IPVMU Certified | 07/30/14 07:53pm
Looks fine to me. No worse than my old job...
I can't speak to the splices, but you are correct in saying the ceiling grid should not be used for support of any cabling.
The NATIONAL ELECTRICAL CODE (NFPA 70)
300-11. Securing & Supporting
A) Raceways, cable assemblies, boxes, cabinets, and fittings shall be securely fastened in place. Support wires that do not provide secure support shall not be permitted as the sole support.
1) Wiring located above a fire-rated floor/ceiling or roof/ceiling assembly shall not be secured to, or supported by, the ceiling assembly, including the ceiling support wires. An independent means of secure support shall be provided.
2) Wiring located above a non-fire-rated floor/ ceiling or roof/ceiling assembly shall not be secured to, or supported by, the ceiling assembly, including the ceiling support wires. An independent means of secure support shall be provided. Cables and raceways shall not be permitted to be supported by ceiling grids.
Also, contrary to popular belief, fire alarm cables do not have to be red, only that they be readily identified. (NFPA 70:760.30)
In fact, here's some in BLUE.
This is from the standpoint of the NFPA Standards when referenced by state and local codes. If the state or local jurisdiction does not reference NFPA 70 (the National Electrical Code) or amends it, your mileage may vary.
Finally, some AHJs (Authorities Having Jurisdiction) may enforce local "customs" as if they were legislative codes when they are not.
IPVMU Certified | 07/30/14 08:54pm
Since we're comparing war stories, here's one of the worst MDFs I ever worked in:
I've got a similar situation, but it is lazy electrician hell!!

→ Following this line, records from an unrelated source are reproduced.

-- ===== src/Sip/Server/Resources.antt =====
-- internal/sip/sip_handler.go: the ports in use and the stored calls are those of the live sessions.
use tele_portal.Call.Manager.{CallManager, add, add_count, add_insert, get, remove, remove_call}
use tele_portal.Common.{
  List, Option-cases, [], ap, arith, inl, inr, length, none, some, subst, suc, true, ℕ, ◌+◌, ◌∙◌,
  ◌∷◌, ◌≡◌, ◌≤◌,
}
use tele_portal.Common.Maps.{IsMap, delete, delete-IsMap, delete-absent, insert, lookup}
use tele_portal.Common.Words.{u16, u64}
use tele_portal.Rtp.Ports.{RtpManager, forget, in_use, release_listener}
use tele_portal.Rtp.Ports.Histories.{AllPorts, Distinct, IsSound, release_listener-IsSound}
use tele_portal.Sip.Server.{Server, Session, drop_session, find_session, shutdown}
use tele_portal.Sip.Server.Sessions.{
  delete-drop, entries_of, entry_of, find-in_use, find-lookup, forget-drop, length-drop_session,
  ports_of,
}

-- The stored calls are those of the sessions, and the counter is their number.
pub record IsStored (c : CallManager) (ss : List Session) : Type 0 where
  pub entries : c.calls_by_sip ≡ entries_of ss
  pub is_map : IsMap (entries_of ss)
  pub counted : c.active_calls ≡ u64 (length ss)

-- The ports are well formed, and those of the sessions.
pub record HoldsPorts (lo hi : ℕ) (m : RtpManager) (ss : List Session) : Type 0 where
  pub sound : IsSound lo hi m
  pub held : m.ports ≡ ports_of ss

pub record IsServer (lo hi : ℕ) (sv : Server) : Type 0 where
  pub ports_ok : HoldsPorts lo hi sv.ports sv.sessions
  pub calls_ok : IsStored sv.calls sv.sessions

counter_up : (a n : ℕ) → a ≡ u64 n → u64 (a + 1) ≡ u64 (suc n)
counter_up a n e = omega arith

counter_down : (a n m : ℕ) → a ≡ u64 n → suc m ≡ n → u64 (a + 18446744073709551615) ≡ u64 m
counter_down a n m e s = omega arith

pub add-IsStored :
    (s : Session) (c : CallManager) (ss : List Session)
    → IsStored c ss
    → get s.call.call_id c ≡ none
    → IsStored (add s.call c) (s ∷ ss)
unfolding add add_insert add_count get insert IsMap
add-IsStored s c ss v fresh =
    let absent : lookup s.call.call_id (entries_of ss) ≡ none = rw v.entries at fresh in
    record {
      entries =
          ap (λ m. entry_of s ∷ delete s.call.call_id m) v.entries
          ∙ ap (λ m. entry_of s ∷ m) (delete-absent s.call.call_id (entries_of ss) absent);
      is_map = (absent, v.is_map);
      counted = counter_up c.active_calls (length ss) v.counted;
    }

pub remove-IsStored :
    (h : ℕ) (s : Session) (c : CallManager) (ss : List Session)
    → IsStored c ss
    → find_session h ss ≡ some s
    → IsStored (remove s.call.call_id c) (drop_session h ss)
unfolding remove remove_call
remove-IsStored h s c ss v e =
    let there : lookup s.call.call_id c.calls_by_sip ≡ some s.call =
      ap (lookup s.call.call_id) v.entries ∙ find-lookup h ss s v.is_map e in
    let left : delete s.call.call_id c.calls_by_sip ≡ entries_of (drop_session h ss) =
      ap (delete s.call.call_id) v.entries ∙ delete-drop h ss s v.is_map e in
    rw (there, remove)
      (record {
        entries = left;
        is_map =
            subst IsMap (delete-drop h ss s v.is_map e)
              (delete-IsMap s.call.call_id (entries_of ss) v.is_map);
        counted =
            counter_down c.active_calls (length ss) (length (drop_session h ss)) v.counted
              (length-drop_session h ss s e);
      })

pub in_use-le : (lo hi p : ℕ) (ps : List ℕ) → AllPorts lo hi ps → in_use p ps ≡ true → p ≤ hi
unfolding in_use
in_use-le lo hi p [] a e = absurd cc
in_use-le lo hi p (x ∷ ps) a e = ground (arith, a.2, in_use-le lo hi p ps a.3)

-- A port of the range is its own 16-bit word.
pub word_of_port : (lo hi p : ℕ) (m : RtpManager) → IsSound lo hi m → p ≤ hi → u16 p ≡ p
word_of_port lo hi p m v h = omega (arith, v.manager.high, v.same_max)

release-HoldsPorts :
    (lo hi h : ℕ) (s : Session) (m : RtpManager) (ss : List Session)
    → HoldsPorts lo hi m ss
    → find_session h ss ≡ some s
    → HoldsPorts lo hi (release_listener (some s.port) m) (drop_session h ss)
unfolding release_listener
release-HoldsPorts lo hi h s m ss v e =
    let there : in_use s.port m.ports ≡ true = rw v.held (find-in_use h ss s e) in
    let word : u16 s.port ≡ s.port =
      word_of_port lo hi s.port m v.sound (in_use-le lo hi s.port m.ports v.sound.in_range there) in
    record {
      sound = release_listener-IsSound lo hi (some s.port) m v.sound;
      held =
          ap (λ p. forget p m.ports) word
          ∙ ap (forget s.port) v.held
          ∙ forget-drop h ss s (subst Distinct v.held v.sound.distinct) e;
    }

pub shutdown-IsServer :
    (lo hi h : ℕ) (sv : Server) → IsServer lo hi sv → IsServer lo hi (shutdown h sv)
unfolding shutdown
shutdown-IsServer lo hi h sv v = elim (Option-cases (find_session h sv.sessions)) [
  | inl e ↦ rw (e, shutdown) v
  | inr (s, e) ↦
      rw (e, shutdown)
        (record {
          ports_ok = release-HoldsPorts lo hi h s sv.ports sv.sessions v.ports_ok e;
          calls_ok = remove-IsStored h s sv.calls sv.sessions v.calls_ok e;
        })
]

I'll have to get a pic of this attic space I'm working in at the moment. The friggin' wiring is everywhere....on top of the ceiling joists so I have to step directly on top of the wires and diagonally in every direction across the void so I have to crawl through it like a spider web. It's a labyrinth of 120v, 220v, phone, and previous CAT5 cabling all snaked together. Not even gonna get into the open junction boxes right where you have to crawl. It's a workout just getting back and forth, let alone doing my work.
....and they call me a newbie?!!
I've seen worse.... as Luis says, it's usually the result of gradual growth over time, a bit of laziness here and there, eventually morphing into "f*** it" for late-comers when it becomes clear there's no point in trying to untangle the mess.
We've fixed a few of these, too... usually involves a full shutdown and overnight shift for at least two guys, for just the smallest jobs. I wouldn't even want to think about what it would take to fix Luis' picture.
As for the first pic, that looks like gear was moved sometime well after the original installation (the blue cables, based on how they split out in different directions) and the white cables extended to reach the new location... there are certainly cleaner ways to do it, but my bet is this second installer was in a time crunch and just had to get it done "by any means necessary".